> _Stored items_
───
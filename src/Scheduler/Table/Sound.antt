-- ===== src/Scheduler/Table/Sound.antt =====
-- What the statements on schedule_rules do to the invariant of the table (app/scheduler/repository.py).
use open_asicmanager.Prelude.{
  ℕ, ◌+◌, ◌≤◌, ◌<◌, ◌≡◌, ◌⊎◌, inl, inr, sym, subst, refl, ap, Bool, true, false, Option, none, some,
  List, [], ◌∷◌, arith, if◌then◌else◌, All, In, In→All, In-update, first_row-In, update_rows,
  delete_rows, count_rows, count-append, count-update-eq, All-append, All-map, All-update, All→In,
  unique_row,
}
use open_asicmanager.Scheduler.{Rule}
use open_asicmanager.Scheduler.Input.{ScheduleInput}
use open_asicmanager.Scheduler.Input.Bounds.{IsAccepted}
use open_asicmanager.Scheduler.Input.Times.{as_input}
use open_asicmanager.Scheduler.Table.{
  RuleTable, schedule_conflicting_rule, is_rule, get_schedule_rule, new_rule, changed_rule,
  switched, switched_rule, create_schedule_rule, update_schedule_rule, set_schedule_rule_enabled,
  delete_schedule_rule, delete_found,
}
use open_asicmanager.Scheduler.Table.Apart.{
  IsSound, In-delete, updated_rule, create-Apart, update-Apart,
}

count_of_below :
    (i n : ℕ) (xs : List Rule) → All (λ r. r.id < n) xs → n ≤ i → count_rows (is_rule i) xs ≡ 0
unfolding count_rows
count_of_below i n [] h le = refl
count_of_below i n (x ∷ xs) h le = ground (arith, count_of_below i n xs h.1 le, h.0)

-- Inserting an accepted rule that finds no conflict.
pub create-IsSound :
    (n : ScheduleInput) (now : ℕ) (t : RuleTable)
    → IsAccepted n
    → schedule_conflicting_rule n none t.rules ≡ none
    → IsSound t
    → IsSound (create_schedule_rule n now t).1
unfolding create_schedule_rule count_rows
create-IsSound n now t a clear s = record {
  distinct_ids = λ i. ground (
    arith,
    count-append (is_rule i) t.rules (new_rule t.next_rule n now ∷ []),
    s.distinct_ids i,
    count_of_below i t.next_rule t.rules s.fresh_id,
  );
  fresh_id =
      All-append (λ r. r.id < t.next_rule + 1) t.rules _
        (All-map (λ r. r.id < t.next_rule) (λ r. r.id < t.next_rule + 1) t.rules
          (λ r h. omega arith) s.fresh_id)
        (omega arith, tt);
  accepted = All-append (λ r. IsAccepted (as_input r)) t.rules _ s.accepted (a, tt);
  apart = create-Apart n now t.next_rule t.rules clear s.apart;
}

-- Rewriting the rules with an id into rows that read as an accepted input without conflict.
rewritten-IsSound :
    (n : ScheduleInput) (rule_id : ℕ) (f : Rule → Rule) (t : RuleTable)
    → IsAccepted n
    → ((x : Rule) → In x t.rules → is_rule rule_id x ≡ true → as_input (f x) ≡ n)
    → ((x : Rule) → (f x).id ≡ x.id)
    → schedule_conflicting_rule n (some rule_id) t.rules ≡ none
    → IsSound t
    → IsSound (record t { rules = update_rows (is_rule rule_id) f t.rules })
rewritten-IsSound n rule_id f t a reads keeps clear s = record {
  distinct_ids = λ i. omega (
    arith,
    count-update-eq (is_rule i) (is_rule rule_id) f t.rules (λ x _. ground (arith, keeps x)),
    s.distinct_ids i,
  );
  fresh_id =
      All-update (λ r. r.id < t.next_rule) (is_rule rule_id) f t.rules
        (λ x h. omega (arith, keeps x)) s.fresh_id;
  accepted =
      In→All (λ r. IsAccepted (as_input r)) _
        (λ r i. from r (In-update (is_rule rule_id) f t.rules i));
  apart = update-Apart n rule_id f t.rules reads keeps clear s.apart;
}
  where
    read_as :
        (x r : Rule)
        → In x t.rules
        → ((is_rule rule_id x ≡ true) × (f x ≡ r)) ⊎ ((is_rule rule_id x ≡ false) × (x ≡ r))
        → IsAccepted (as_input r)
    read_as x r i (inl (u, e)) =
        subst (λ z. IsAccepted (as_input z)) e (subst IsAccepted (sym (reads x i u)) a)
    read_as x r i (inr (u, e)) =
        subst (λ z. IsAccepted (as_input z)) e
          (All→In (λ z. IsAccepted (as_input z)) t.rules s.accepted i)

    from :
        (r : Rule)
        → (x : Rule) × (In x t.rules × (r ≡ (if is_rule rule_id x then f x else x)))
        → IsAccepted (as_input r)
    from r (x, (i, e)) = read_as x r i (updated_rule rule_id f x r (sym e))

-- An UPDATE to accepted columns that find no conflict with the other rules.
pub update-IsSound :
    (rule_id : ℕ) (n : ScheduleInput) (effective_from now : ℕ) (t : RuleTable)
    → IsAccepted n
    → schedule_conflicting_rule n (some rule_id) t.rules ≡ none
    → IsSound t
    → IsSound (update_schedule_rule rule_id n effective_from now t).1
unfolding update_schedule_rule
update-IsSound rule_id n effective_from now t a clear s =
    rewritten-IsSound n rule_id (changed_rule n effective_from now) t a (λ x i e. refl) (λ x. refl)
      clear s

current-accepted :
    (rule_id : ℕ) (enabled : Bool) (t : RuleTable) {r : Rule}
    → get_schedule_rule rule_id t.rules ≡ some r
    → IsSound t
    → IsAccepted (switched enabled r)
unfolding get_schedule_rule
current-accepted rule_id enabled t {r} found s =
    let (i, _) = first_row-In (is_rule rule_id) t.rules found in
    let a : IsAccepted (as_input r) = All→In (λ z. IsAccepted (as_input z)) t.rules s.accepted i in
    record {
      time = a.time;
      some_day = a.some_day;
      days = a.days;
      command = a.command;
      short = a.short;
      target = a.target;
    }

-- An UPDATE of `enabled` alone: what is checked are the columns of the rule that is found, switched.
pub switched-IsSound :
    (rule_id : ℕ) (enabled : Bool) (effective_from now : ℕ) (t : RuleTable) {r : Rule}
    → get_schedule_rule rule_id t.rules ≡ some r
    → schedule_conflicting_rule (switched enabled r) (some rule_id) t.rules ≡ none
    → IsSound t
    → IsSound (set_schedule_rule_enabled rule_id enabled effective_from now t).1
unfolding set_schedule_rule_enabled get_schedule_rule
switched-IsSound rule_id enabled effective_from now t {r} found clear s =
    rewritten-IsSound (switched enabled r) rule_id (switched_rule enabled effective_from now) t
      (current-accepted rule_id enabled t found s)
      (λ x i e.
        let same : x ≡ r =
          All→In (λ z. is_rule rule_id z ≡ true → z ≡ r) t.rules
            (unique_row (is_rule rule_id) t.rules found (s.distinct_ids rule_id)) i e in
        ap (switched enabled) same)
      (λ x. refl) clear s

count-delete-le :
    (p q : Rule → Bool) (rules : List Rule)
    → count_rows p (delete_rows q rules) ≤ count_rows p rules
unfolding count_rows delete_rows
count-delete-le p q [] = omega arith
count-delete-le p q (x ∷ rules) = ground (arith, count-delete-le p q rules)

deleted-IsSound :
    (rule_id : ℕ) (t : RuleTable)
    → IsSound t
    → IsSound (record t { rules = delete_rows (is_rule rule_id) t.rules })
deleted-IsSound rule_id t s = record {
  distinct_ids =
      λ i. omega (arith, count-delete-le (is_rule i) (is_rule rule_id) t.rules, s.distinct_ids i);
  fresh_id =
      In→All (λ r. r.id < t.next_rule) _
        (λ r i. All→In (λ z. z.id < t.next_rule) t.rules s.fresh_id (old r i));
  accepted =
      In→All (λ r. IsAccepted (as_input r)) _
        (λ r i. All→In (λ z. IsAccepted (as_input z)) t.rules s.accepted (old r i));
  apart = λ r q i j. s.apart r q (old r i) (old q j);
}
  where
    old : (r : Rule) → In r (delete_rows (is_rule rule_id) t.rules) → In r t.rules
    old r i = In-delete (is_rule rule_id) r t.rules i

pub delete-IsSound :
    (rule_id : ℕ) (t : RuleTable) → IsSound t → IsSound (delete_schedule_rule rule_id t).1
unfolding delete_schedule_rule
delete-IsSound rule_id t s = by (get_schedule_rule rule_id t.rules)
  where
    by : (o : Option Rule) → IsSound (delete_found rule_id o t).1
    by none = s
    by (some r) = deleted-IsSound rule_id t s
───
> _Task brief_
Filter the records, keeping only lines that contain "true", and show those lines.

> _Written answer_
  ℕ, ◌+◌, ◌≤◌, ◌<◌, ◌≡◌, ◌⊎◌, inl, inr, sym, subst, refl, ap, Bool, true, false, Option, none, some,
    → ((x : Rule) → In x t.rules → is_rule rule_id x ≡ true → as_input (f x) ≡ n)
        → ((is_rule rule_id x ≡ true) × (f x ≡ r)) ⊎ ((is_rule rule_id x ≡ false) × (x ≡ r))
          All→In (λ z. is_rule rule_id z ≡ true → z ≡ r) t.rules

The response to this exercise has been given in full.